I am wondering how to translate the noun “logician” into Latin.

Smith & Hall suggests “dialecticus” but I had in mind the modern discipline as a formal science, not the argumentation exercise of Antiquity. So using the root “logic” is probably a better idea.

From there, there are two possibilities,

  • “logicista” (from Entick's Latin-English dictionary),
  • “logicus” (used several times in the Latin version of Wikipedia).

Which one is of better Latinity? Please also feel free to suggest another root if at any point in my research I have missed something.

  • Your title said logista but the text said logicista. I took the liberty to conform the title to the text. Feel free to edit if I got it the wrong way around!
    – Joonas Ilmavirta
    Commented Jul 15, 2022 at 21:21

1 Answer 1


I'd go with logicus.

First, I fully agree with you that starting from logic- is the best option by far. Language is used for the purpose of communication, and using a word that looks similar to those used in other languages certainly helps communicate what the profession is.

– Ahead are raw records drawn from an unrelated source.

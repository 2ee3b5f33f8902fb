-- ===== src/Mux/Steps.antt =====
-- mux.go: the state of a mux, what each of its goroutines does, and how they interleave.
use isopace.Common.{
  ℕ, ◌<◌, ◌≡◌, Bool, true, false, Option, none, some, List, [], ◌∷◌, ◌++◌, Bytes, Result, ok, err,
  if◌then◌else◌,
}
use isopace.Common.Tables.{assign_key, assign}

-- `ErrTimeout`, `ErrClosed`, `ErrDuplicateKey`, and the errors that come from a keyer, from the
-- link, and from the context.
pub data MuxError (C : Type 0) : Type 0 where
  timeout closed duplicate_key : MuxError C
  key_error link_error context_error : C → MuxError C

-- `config` with the `Keyer` of `New`; of the two handlers of unsolicited frames, whether they are
-- set. A `timeout` of 0 is none.
pub record Config (C : Type 0) : Type 0 where
  pub key : Bytes → Result C Bytes
  pub timeout : ℕ
  pub has_unsolicited : Bool
  pub has_replier : Bool
  pub resp_key : Option (Bytes → Result C Bytes)

-- Where a call of `Request` stands, once it is in the table: about to send, in the `select`, about
-- to run its deferred `delete`, and returned.
pub data Phase (C : Type 0) : Type 0 where
  sending waiting : Phase C
  leaving returned : Result (MuxError C) Bytes → Phase C

-- A call of `Request`: not made, returned before it was in the table, or with its request, its key
-- and its channel, whose buffer has room for one frame.
pub data Call (C : Type 0) : Type 0 where
  idle : Call C
  refused : MuxError C → Call C
  active : (req k : Bytes) (ch : Option Bytes) (at : Phase C) → Call C

-- The goroutine of `readLoop`: at `Receive`, about to put a frame in the channel of a call, or
-- ended.
pub data Reader : Type 0 where
  receiving ended : Reader
  delivering : ℕ → Bytes → Reader

pub data Handler : Type 0 where
  by_replier by_unsolicited by_nobody : Handler

-- `Mux`. `handled` has the frames that went to `deliverUnsolicited`, the last one at the end.
pub record Mux (C : Type 0) : Type 0 where
  pub pending : Bytes → Option ℕ
  pub calls : ℕ → Call C
  pub reader : Reader
  pub handled : List (Handler × Bytes)
  pub done : Bool
  pub read_err : Option (MuxError C)

-- `New`
abbrev pub new_mux : {C : Type 0} → Mux C
new_mux = record {
  pending = λ _. none;
  calls = λ _. idle;
  reader = receiving;
  handled = [];
  done = false;
  read_err = none;
}

-- `Request` up to the unlocking: the key, the check for a duplicate, and the entry.
unfoldable pub register : {C : Type 0} → Config C → ℕ → Bytes → Mux C → Mux C
register cfg i req m = elim (cfg.key req) [
  | err c ↦ record m { calls = assign m.calls i (refused (key_error c)) }
  | ok k ↦ elim (m.pending k) [
    | some _ ↦ record m { calls = assign m.calls i (refused duplicate_key) }
    | none ↦ record m {
      pending = assign_key m.pending k (some i);
      calls = assign m.calls i (active req k none sending);
    }
  ]
]

-- The `link.Send` of `Request`, with the error that the link gave.
unfoldable pub sent : {C : Type 0} → Option C → Phase C
sent none = waiting
sent (some c) = leaving (err (link_error c))

-- The deferred `delete` of `Request`.
unfoldable pub finish : {C : Type 0} → ℕ → Bytes → Mux C → Call C → Mux C
finish i k m c = record m { pending = assign_key m.pending k none; calls = assign m.calls i c }

-- `closedErr`
unfoldable pub closed_err : {C : Type 0} → Mux C → MuxError C
closed_err m = elim m.read_err [ some e ↦ e | none ↦ closed ]

-- `stop`; `none` is a nil cause.
unfoldable pub stop : {C : Type 0} → Option (MuxError C) → Mux C → Mux C
stop cause m =
    if m.done
    then m
    else record m { done = true; read_err = elim cause [ some e ↦ some e | none ↦ m.read_err ] }

-- `responseKey`
unfoldable pub response_key : {C : Type 0} → Config C → Bytes → Result C Bytes
response_key cfg msg = elim cfg.resp_key [ some f ↦ f msg | none ↦ cfg.key msg ]

-- Which handler `deliverUnsolicited` calls.
unfoldable pub handler_of : {C : Type 0} → Config C → Handler
handler_of cfg =
    if cfg.has_replier
    then by_replier
    else if cfg.has_unsolicited
    then by_unsolicited
    else by_nobody

unfoldable pub deliver_unsolicited : {C : Type 0} → Config C → Bytes → Mux C → Mux C
deliver_unsolicited cfg msg m = record m { handled = m.handled ++ ((handler_of cfg, msg) ∷ []) }

-- A round of `readLoop` with a frame, up to the sending into the channel.
unfoldable pub dispatch : {C : Type 0} → Config C → Bytes → Mux C → Mux C
dispatch cfg msg m = elim (response_key cfg msg) [
  | err _ ↦ deliver_unsolicited cfg msg m
  | ok k ↦ elim (m.pending k) [
    | some i ↦ record m { pending = assign_key m.pending k none; reader = delivering i msg }
    | none ↦ deliver_unsolicited cfg msg m
  ]
]

-- `ch <- msg`
unfoldable pub put_frame : {C : Type 0} → Bytes → Call C → Call C
put_frame msg (active req k ch at) = active req k (some msg) at
put_frame msg c = c

-- The channel of a call has room for a frame.
unfoldable pub HasRoom : {C : Type 0} → Call C → Type 0
HasRoom (active _ _ none _) = Unit
HasRoom _ = ⊥

-- `Send`, with the error that the link gives if it is asked.
unfoldable pub send : {C : Type 0} → Option C → Mux C → Option (MuxError C)
send linked m =
    if m.done
    then some (closed_err m)
    else elim linked [ some c ↦ some (link_error c) | none ↦ none ]

-- `Err`
unfoldable pub err_of : {C : Type 0} → Mux C → Option (MuxError C)
err_of m = if m.done then some (closed_err m) else none

-- One step of one goroutine. The link, the context and the timer may do whatever they can do.
pub data Step {C : Type 0} (cfg : Config C) (m : Mux C) : Mux C → Type 0 where
  call : (i : ℕ) (req : Bytes) → m.calls i ≡ idle → Step cfg m (register cfg i req m)
  write :
      (i : ℕ) {req k : Bytes} {ch : Option Bytes} (linked : Option C)
      → m.calls i ≡ active req k ch sending
      → Step cfg m (record m { calls = assign m.calls i (active req k ch (sent linked)) })
  answer :
      (i : ℕ) {req k msg : Bytes}
      → m.calls i ≡ active req k (some msg) waiting
      → Step cfg m (record m { calls = assign m.calls i (active req k none (leaving (ok msg))) })
  cancel :
      (i : ℕ) {req k : Bytes} {ch : Option Bytes} (c : C)
      → m.calls i ≡ active req k ch waiting
      → Step cfg m (record m {
        calls = assign m.calls i (active req k ch (leaving (err (context_error c))));
      })
  expire :
      (i : ℕ) {req k : Bytes} {ch : Option Bytes}
      → 0 < cfg.timeout
      → m.calls i ≡ active req k ch waiting
      → Step cfg m (record m { calls = assign m.calls i (active req k ch (leaving (err timeout))) })
  shut :
      (i : ℕ) {req k : Bytes} {ch : Option Bytes}
      → m.done ≡ true
      → m.calls i ≡ active req k ch waiting
      → Step cfg m
          (record m { calls = assign m.calls i (active req k ch (leaving (err (closed_err m)))) })
  leave :
      (i : ℕ) {req k : Bytes} {ch : Option Bytes} {r : Result (MuxError C) Bytes}
      → m.calls i ≡ active req k ch (leaving r)
      → Step cfg m (finish i k m (active req k ch (returned r)))
  receive : (msg : Bytes) → m.reader ≡ receiving → Step cfg m (dispatch cfg msg m)
  deliver :
      (i : ℕ) {msg : Bytes}
      → m.reader ≡ delivering i msg
      → HasRoom (m.calls i)
      → Step cfg m
          (record m { calls = assign m.calls i (put_frame msg (m.calls i)); reader = receiving })
  fail :
      (c : C)
      → m.reader ≡ receiving
      → Step cfg m (stop (some (link_error c)) (record m { reader = ended }))
  close : Step cfg m (stop (some closed) m)

-- `t` follows from `s` by steps.
pub data Run {C : Type 0} (cfg : Config C) (s : Mux C) : Mux C → Type 0 where
  here : Run cfg s s
  next : {t u : Mux C} → Run cfg s t → Step cfg t u → Run cfg s u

Second, there is good precedent in classical Latin to use words like logicus for similar professions. For example, Cicero mentions in De oratore (1.44) at least mathematici, grammatici, and musici.

That the word logicus does not seem to appear in classical literature is not sufficient grounds to dismiss it. It is a very natural latinization of the Greek adjective λογικός and it is indeed used in later eras. Ancient Romans had no term for the profession, but if they needed one, logicus would have been a likely choice.

The suffix -ista appears to be rare to the extent that a corpus search gives zero hits for relevant words containing -cista-. I would dismiss logicista or logista as worse style.